Bati com a cabeça no granito frio
em que você costumava repousar seus braços
enquanto enfeitava o dia que estava por vir.
Corri para a cama,
talvez o travesseiro se abrisse
para que eu pudesse entender
o que está acontecendo aqui na superfície.
Mas eu não quero o gesto usual
das mãos que se apertam
no início de cada dia.
Eu quero os olhares cúmplices
do crime que é roubar o calor do seme-lhante.
Comecei a compreender...
Vi você despir sua alma
antes de ter de tirar suas vestes do guarda-roupas.

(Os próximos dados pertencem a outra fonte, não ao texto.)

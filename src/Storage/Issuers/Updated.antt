-- ===== src/Storage/Issuers/Updated.antt =====
-- What an update of an issuer changes.
use identity_api.Common.{
  String, ◌≡◌, ◌≢◌, refl, sym, ap, ◌∙◌, Option, none, some, List, [], ◌∷◌, map, ◌==◌, ◌&&◌, arith,
  any, find?, inl, inr, Bool-cases, Option-cases,
}
use identity_api.Types.{PrefixedId}
use identity_api.Types.Issuers.{Cel, RoundTrips, Issuer, IssuerUpdate}
use identity_api.Exec.{ok, err, Result-cases}
use identity_api.Platform.{Platform, IsDocumented}
use identity_api.Platform.Schema.{IssuerRow, Tables, rows}
use identity_api.Platform.Outcomes.{exec_ok}
use identity_api.Storage.{with_tx}
use identity_api.Storage.Issuers.{
  scan_issuer, scan_mapping, scan_conditions, update_issuer, issuer_update_to_col_bindings,
}
use identity_api.Storage.Issuers.Sql.{has_id, ColBinding, set_issuer, uri_taken, update_issuer_row}
use identity_api.Storage.Issuers.Lookup.{issuer_at, update_issuer_none}
use identity_api.Types.Errors.{Failure, db}
use identity_api.Storage.Issuers.Columns.{
  given, written, given_mappings, given_conditions, updated_row, update-effect, set_columns-id,
  set_issuer-find?, find?-set_issuer_other,
}

module _ {c : Cel} where
  -- What an update gives.
  pub record IsUpdated (u : IssuerUpdate c) (old : IssuerRow) (out : Issuer c) : Type 0 where
    pub id : out.id ≡ old.id
    pub owner_id : out.owner_id ≡ old.owner_id
    pub name : out.name ≡ given u.name old.name
    pub uri : out.uri ≡ given u.uri old.uri
    pub jwksuri : out.jwksuri ≡ given u.jwksuri old.jwksuri
    pub claim_mappings : given_mappings c u.claim_mappings old.mappings ≡ ok out.claim_mappings
    pub claim_conditions :
        given_conditions c u.claim_conditions old.conditions ≡ ok out.claim_conditions

update_issuer_row-rows :
    (id : PrefixedId) (bs : List ColBinding) (t : Tables) (row : Option IssuerRow)
    → (update_issuer_row id bs t).0 ≡ rows row
    → (find? (has_id id) (map (set_issuer id bs) t.issuers) ≡ row)
      × ((update_issuer_row id bs t).1 ≡ record t { issuers = map (set_issuer id bs) t.issuers })
unfolding update_issuer_row
update_issuer_row-rows id [] t row h = ground arith
update_issuer_row-rows id (b ∷ bs) t row h =
    elim (Bool-cases
      (any (λ i. has_id id i && any (uri_taken id (b ∷ bs) i) t.issuers) t.issuers)) [
        | inl e ↦ ground (arith, e, h)
        | inr e ↦ (ground (arith, e, h), ground (arith, e))
      ]

scan_issuer_ne : {c : Cel} (out : Issuer c) → scan_issuer c none ≢ ok out
unfolding scan_issuer
scan_issuer_ne out h = ground arith

module _ {c : Cel} (r : RoundTrips c) where
  scan_issuer-IsUpdated :
      (u : IssuerUpdate c) (m k : Option String) (old : IssuerRow) (out : Issuer c)
      → ((t : Option String) → scan_mapping c (written m t) ≡ given_mappings c u.claim_mappings t)
      → ((t : Option String)
          → scan_conditions c (written k t) ≡ given_conditions c u.claim_conditions t)
      → scan_issuer c (some (updated_row r u m k old)) ≡ ok out
      → IsUpdated u old out
  unfolding scan_issuer
  scan_issuer-IsUpdated u m k old out m_scan k_scan h =
      elim (Result-cases (scan_mapping c (written m old.mappings))) [
        | inr (e, a) ↦ ground (arith, a, h)
        | inl (mappings, a) ↦ elim (Result-cases (scan_conditions c (written k old.conditions))) [
          | inr (e, b) ↦ ground (arith, a, b, h)
          | inl (conditions, b) ↦ record {
            id = ground (arith, a, b, h);
            owner_id = ground (arith, a, b, h);
            name = ground (arith, a, b, h);
            uri = ground (arith, a, b, h);
            jwksuri = ground (arith, a, b, h);
            claim_mappings = sym (m_scan old.mappings) ∙ a ∙ ground (arith, a, b, h);
            claim_conditions = sym (k_scan old.conditions) ∙ b ∙ ground (arith, a, b, h);
          }
        ]
      ]

module _ {p : Platform} (d : IsDocumented p) {c : Cel} (r : RoundTrips c) where
  update_issuer-issuer_at :
      (id : PrefixedId) (u : IssuerUpdate c) (out : Issuer c) (w : p.World)
      → (update_issuer p c with_tx id u w).0 ≡ ok out
      → let after = p.view (update_issuer p c with_tx id u w).1 in
        ((old : IssuerRow) × (issuer_at id (p.view w) ≡ some old) × IsUpdated u old out)
        × (scan_issuer c (issuer_at id after) ≡ ok out)
        × ((other : PrefixedId) → other ≢ id → issuer_at other after ≡ issuer_at other (p.view w))
        × (after ≡ record (p.view w) {
          working = record ((p.view w).working) { issuers = after.working.issuers };
        })
  unfolding update_issuer
  update_issuer-issuer_at id u out w h = elim (Result-cases (issuer_update_to_col_bindings c u)) [
    | inr (e, b) ↦ ground (arith, b, h)
    | inl (bs, b) ↦ elim (Result-cases (p.exec (update_issuer_row id bs) w).0) [
      | inr (e, x) ↦ ground (arith, b, x, h)
      | inl (row, x) ↦
          let t = (p.view w).working in
          let (answered, after) = exec_ok d (update_issuer_row id bs) w row x in
          let (found, tables) = update_issuer_row-rows id bs t row answered in
          let (m, k, effect, m_scan, k_scan) = update-effect r u bs b in
          let scanned : scan_issuer c row ≡ ok out = ground (arith, b, x, h) in
          let now : p.view (update_issuer p c with_tx id u w).1 ≡ record (p.view w) {
            working = record t { issuers = map (set_issuer id bs) t.issuers };
          } =
            ground (arith, b, x, after, tables) in
          elim (Option-cases row) [
            | inl none_found ↦
                absurd (scan_issuer_ne out (ap (scan_issuer c) (sym none_found) ∙ scanned))
            | inr (new, one) ↦
                let (old, at_old, same) =
                  set_issuer-find? id bs t.issuers new
                    (λ i. ap (λ (z : String). z == id) (set_columns-id bs i)) (found ∙ one) in
                (
                  (
                    old,
                    at_old,
                    scan_issuer-IsUpdated r u m k old out m_scan k_scan (
                        ap (λ (z : IssuerRow). scan_issuer c (some z)) (sym (same ∙ effect old))
                        ∙ ap (scan_issuer c) (sym one)
                        ∙ scanned),
                  ),
                  rw now (ap (scan_issuer c) found ∙ scanned),
                  λ other ne.
                      rw now (find?-set_issuer_other id other bs t.issuers ne (set_columns-id bs)),
                  rw now refl,
                )
          ]
    ]
  ]

  -- When `UpdateIssuer` returns, an issuer was found under the id; the result is that issuer with the
  -- name, URI, JWKS URI, mappings and conditions that the update gives, and its own where the update
  -- gives none; the row then found under the id is scanned as the result, lookups by other ids answer
  -- as before, and nothing but `issuers` has changed. An update that
  -- sets no column is refused as a database error, whether or not the issuer is there, and changes
  -- nothing.
  pub update_issuer-outcomes :
      (id : PrefixedId) (u : IssuerUpdate c) (w : p.World)
      → let after = p.view (update_issuer p c with_tx id u w).1 in
        ((out : Issuer c)
          → (update_issuer p c with_tx id u w).0 ≡ ok out
          → ((old : IssuerRow) × (issuer_at id (p.view w) ≡ some old) × IsUpdated u old out)
            × (scan_issuer c (issuer_at id after) ≡ ok out)
            × ((other : PrefixedId)
                → other ≢ id
                → issuer_at other after ≡ issuer_at other (p.view w))
            × (after ≡ record (p.view w) {
              working = record ((p.view w).working) { issuers = after.working.issuers };
            }))
        × (issuer_update_to_col_bindings c u ≡ ok []
            → ((f : Failure) × ((update_issuer p c with_tx id u w).0 ≡ err (db f)))
              × (after ≡ p.view w))
  update_issuer-outcomes id u w =
      (λ out h. update_issuer-issuer_at id u out w h, λ h. update_issuer_none d id u w h)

E hoje eu sentei na beirada da tarde,
até ver o novo dia nascer.
Olha só a ousadia do silêncio
dos primeiros raios de sol
surgindo por entre os fios de cabelo!
Veja o sonho inquieto das árvores querendo balançar
com o vento da manhã!
Qualquer burburinho
é a calmaria lá no fundo
gritando que é preciso sorrir.
Não importa quantas primaveras deixaram de florir
o importante é o que fazer com as sementes no inverno.
O sol vai esquentando envergonhado
e um friozinho ainda arrepia a pele.
Você não está sentado ao meu lado
mas não me deixa sentir frio
porque não está na superfície...
está dentro de mim.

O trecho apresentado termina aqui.